> [WHAT YOU ARE ASKED TO DO]: What this exercise calls for is an exact copy of the data.

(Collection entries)
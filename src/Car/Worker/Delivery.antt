-- ===== src/Car/Worker/Delivery.antt =====
-- What the controller reports arrives as signals: MyCarUI/SerialWorker.cpp, parseBuffer and parsePacket.
use learningproject.Common.{
  ℕ, ◌≡◌, refl, Bool, true, not, List, [], ◌∷◌, ◌++◌, some, if◌then◌else◌, ◌==◌, ◌⊎◌, inl, inr,
  arith, length, map, take-append,
}
use learningproject.Car.Frame.{byte_at, calculate_checksum, packet_tail}
use learningproject.Car.Frame.Reference.{decode}
use learningproject.Car.Frame.Sending.{
  frame, Message, AllQuiet, transmitted, frame_of, decode-transmitted, length-frame,
}
use learningproject.Car.Worker.{
  Signal, weather_data_received, car_data_received, reverse_state_changed, Readings, SerialWorker,
  parse_packet, read_weather, read_car, type_weather, type_car, differ,
}
use learningproject.Car.Worker.Feeding.{handle_packets, feed, joined, after, feed_lem}

-- A report on the weather or the car, of the size of its struct.
abbrev pub IsReport : Message → Type 0
IsReport m =
    ((m.kind ≡ type_weather) × (length m.content ≡ 17))
    ⊎ ((m.kind ≡ type_car) × (length m.content ≡ 21))

abbrev pub AllReports : List Message → Type 0
AllReports [] = Unit
AllReports (m ∷ ms) = IsReport m × AllReports ms

-- whether the car of a report goes backwards
abbrev pub reverses : Message → Bool
reverses m = not ((read_car m.content).reverse_state == 0)

-- The signals that some reports call for, where `last` is the reverse state before them.
unfoldable pub expected : Bool → List Message → List Signal
expected last [] = []
expected last (m ∷ ms) =
    let weather_first = weather_data_received (read_weather m.content) ∷ expected last ms in
    let rest = expected (reverses m) ms in
    let car_first =
      car_data_received (read_car m.content)
      ∷ (if differ (reverses m) last then reverse_state_changed (reverses m) ∷ rest else rest) in
    if m.kind == type_weather then weather_first else car_first

frame_fields :
    (kind : ℕ) (content : List ℕ)
    → (byte_at 2 (frame kind content) ≡ kind) × (byte_at 3 (frame kind content) ≡ length content)
unfolding byte_at
frame_fields kind content = (refl, refl)

parse_weather :
    (kind : ℕ) (content : List ℕ) (r : Readings)
    → kind ≡ type_weather
    → length content ≡ 17
    → parse_packet (frame kind content) r ≡ (
      record r { weather = read_weather content; weather_received = true },
      weather_data_received (read_weather content) ∷ [],
      true,
    )
unfolding parse_packet
parse_weather kind content r is_weather size = ground (
  arith,
  frame_fields kind content,
  length-frame kind content,
  take-append content (calculate_checksum kind (length content) content ∷ packet_tail ∷ []),
)

parse_car :
    (kind : ℕ) (content : List ℕ) (r : Readings)
    → kind ≡ type_car
    → length content ≡ 21
    → let reverse = not ((read_car content).reverse_state == 0) in
      parse_packet (frame kind content) r ≡ (
        record r { car = read_car content; last_reverse_state = reverse },
        car_data_received (read_car content)
            ∷ (if differ reverse r.last_reverse_state
                then reverse_state_changed reverse ∷ []
                else []),
        true,
      )
unfolding parse_packet
parse_car kind content r is_car size = ground (
  arith,
  frame_fields kind content,
  length-frame kind content,
  take-append content (calculate_checksum kind (length content) content ∷ packet_tail ∷ []),
)

handle_packets-expected :
    (ms : List Message) (r : Readings)
    → AllReports ms
    → (handle_packets (map frame_of ms) r).1 ≡ expected r.last_reverse_state ms
unfolding handle_packets expected
handle_packets-expected [] r h = refl
handle_packets-expected (m ∷ ms) r h = elim h.0 [
  | inl weather ↦
      let seen =
        handle_packets-expected ms
          (record r { weather = read_weather m.content; weather_received = true }) h.1 in
      ground (arith, weather, parse_weather m.kind m.content r weather.0 weather.1, seen)
  | inr car ↦
      let seen =
        handle_packets-expected ms
          (record r { car = read_car m.content; last_reverse_state = reverses m }) h.1 in
      ground (arith, car, parse_car m.kind m.content r car.0 car.1, seen)
]

-- The controller sends reports on weather and car, with noise on the line between them that holds no
-- HEAD1. However the bytes are cut into pieces, a worker that starts with an empty buffer emits a signal
-- for each report, in their order and with the report's data, and after one on the car a signal of its
-- reverse state exactly when that has changed.
pub feed-expected :
    (chunks : List (List ℕ)) (ms : List Message) (w : SerialWorker) (open? : Bool)
    → w.serial ≡ some open?
    → w.buffer ≡ []
    → AllQuiet ms
    → AllReports ms
    → joined chunks ≡ transmitted ms
    → (w' : SerialWorker) × (feed chunks w ≡ some (w', expected w.readings.last_reverse_state ms))
unfolding decode
feed-expected chunks ms w open? port empty quiet reports e =
    let (left, runs, _) = feed_lem chunks w open? port (rw empty nothing) in
    let all : decode 0 (w.buffer ++ joined chunks) ≡ map frame_of ms =
      rw (empty, e) (decode-transmitted ms quiet) in
    (
      after (map frame_of ms) left w,
      ground (arith, runs, all, handle_packets-expected ms w.readings reports),
    )
  where
    nothing : decode 0 [] ≡ []
    nothing = refl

> [ANSWER SECTION]:
filename src/Car/Worker/Delivery.antt
-- ===== src/Car/Worker/Delivery.antt =====
-- What the controller reports arrives as signals: MyCarUI/SerialWorker.cpp, parseBuffer and parsePacket.
use learningproject.Common.{
  ℕ, ◌≡◌, refl, Bool, true, not, List, [], ◌∷◌, ◌++◌, some, if◌then◌else◌, ◌==◌, ◌⊎◌, inl, inr,
  arith, length, map, take-append,
}
use learningproject.Car.Frame.{byte_at, calculate_checksum, packet_tail}
use learningproject.Car.Frame.Reference.{decode}
use learningproject.Car.Frame.Sending.{
  frame, Message, AllQuiet, transmitted, frame_of, decode-transmitted, length-frame,
}
use learningproject.Car.Worker.{
  Signal, weather_data_received, car_data_received, reverse_state_changed, Readings, SerialWorker,
  parse_packet, read_weather, read_car, type_weather, type_car, differ,
}
use learningproject.Car.Worker.Feeding.{handle_packets, feed, joined, after, feed_lem}

-- A report on the weather or the car, of the size of its struct.
abbrev pub IsReport : Message → Type 0
IsReport m =
    ((m.kind ≡ type_weather) × (length m.content ≡ 17))
    ⊎ ((m.kind ≡ type_car) × (length m.content ≡ 21))

abbrev pub AllReports : List Message → Type 0
AllReports [] = Unit
AllReports (m ∷ ms) = IsReport m × AllReports ms

-- whether the car of a report goes backwards
abbrev pub reverses : Message → Bool
reverses m = not ((read_car m.content).reverse_state == 0)

-- The signals that some reports call for, where `last` is the reverse state before them.
unfoldable pub expected : Bool → List Message → List Signal
expected last [] = []
expected last (m ∷ ms) =
    let weather_first = weather_data_received (read_weather m.content) ∷ expected last ms in
    let rest = expected (reverses m) ms in
    let car_first =
      car_data_received (read_car m.content)
      ∷ (if differ (reverses m) last then reverse_state_changed (reverses m) ∷ rest else rest) in
    if m.kind == type_weather then weather_first else car_first

frame_fields :
    (kind : ℕ) (content : List ℕ)
    → (byte_at 2 (frame kind content) ≡ kind) × (byte_at 3 (frame kind content) ≡ length content)
unfolding byte_at
frame_fields kind content = (refl, refl)

parse_weather :
    (kind : ℕ) (content : List ℕ) (r : Readings)
    → kind ≡ type_weather
    → length content ≡ 17
    → parse_packet (frame kind content) r ≡ (
      record r { weather = read_weather content; weather_received = true },
      weather_data_received (read_weather content) ∷ [],
      true,
    )
unfolding parse_packet
parse_weather kind content r is_weather size = ground (
  arith,
  frame_fields kind content,
  length-frame kind content,
  take-append content (calculate_checksum kind (length content) content ∷ packet_tail ∷ []),
)

parse_car :
    (kind : ℕ) (content : List ℕ) (r : Readings)
    → kind ≡ type_car
    → length content ≡ 21
    → let reverse = not ((read_car content).reverse_state == 0) in
      parse_packet (frame kind content) r ≡ (
        record r { car = read_car content; last_reverse_state = reverse },
        car_data_received (read_car content)
            ∷ (if differ reverse r.last_reverse_state
                then reverse_state_changed reverse ∷ []
                else []),
        true,
      )
unfolding parse_packet
parse_car kind content r is_car size = ground (
  arith,
  frame_fields kind content,
  length-frame kind content,
  take-append content (calculate_checksum kind (length content) content ∷ packet_tail ∷ []),
)

handle_packets-expected :
    (ms : List Message) (r : Readings)
    → AllReports ms
    → (handle_packets (map frame_of ms) r).1 ≡ expected r.last_reverse_state ms
unfolding handle_packets expected
handle_packets-expected [] r h = refl
handle_packets-expected (m ∷ ms) r h = elim h.0 [
  | inl weather ↦
      let seen =
        handle_packets-expected ms
          (record r { weather = read_weather m.content; weather_received = true }) h.1 in
      ground (arith, weather, parse_weather m.kind m.content r weather.0 weather.1, seen)
  | inr car ↦
      let seen =
        handle_packets-expected ms
          (record r { car = read_car m.content; last_reverse_state = reverses m }) h.1 in
      ground (arith, car, parse_car m.kind m.content r car.0 car.1, seen)
]

-- The controller sends reports on weather and car, with noise on the line between them that holds no
-- HEAD1. However the bytes are cut into pieces, a worker that starts with an empty buffer emits a signal
-- for each report, in their order and with the report's data, and after one on the car a signal of its
-- reverse state exactly when that has changed.
pub feed-expected :
    (chunks : List (List ℕ)) (ms : List Message) (w : SerialWorker) (open? : Bool)
    → w.serial ≡ some open?
    → w.buffer ≡ []
    → AllQuiet ms
    → AllReports ms
    → joined chunks ≡ transmitted ms
    → (w' : SerialWorker) × (feed chunks w ≡ some (w', expected w.readings.last_reverse_state ms))
unfolding decode
feed-expected chunks ms w open? port empty quiet reports e =
    let (left, runs, _) = feed_lem chunks w open? port (rw empty nothing) in
    let all : decode 0 (w.buffer ++ joined chunks) ≡ map frame_of ms =
      rw (empty, e) (decode-transmitted ms quiet) in
    (
      after (map frame_of ms) left w,
      ground (arith, runs, all, handle_packets-expected ms w.readings reports),
    )
  where
    nothing : decode 0 [] ≡ []
    nothing = refl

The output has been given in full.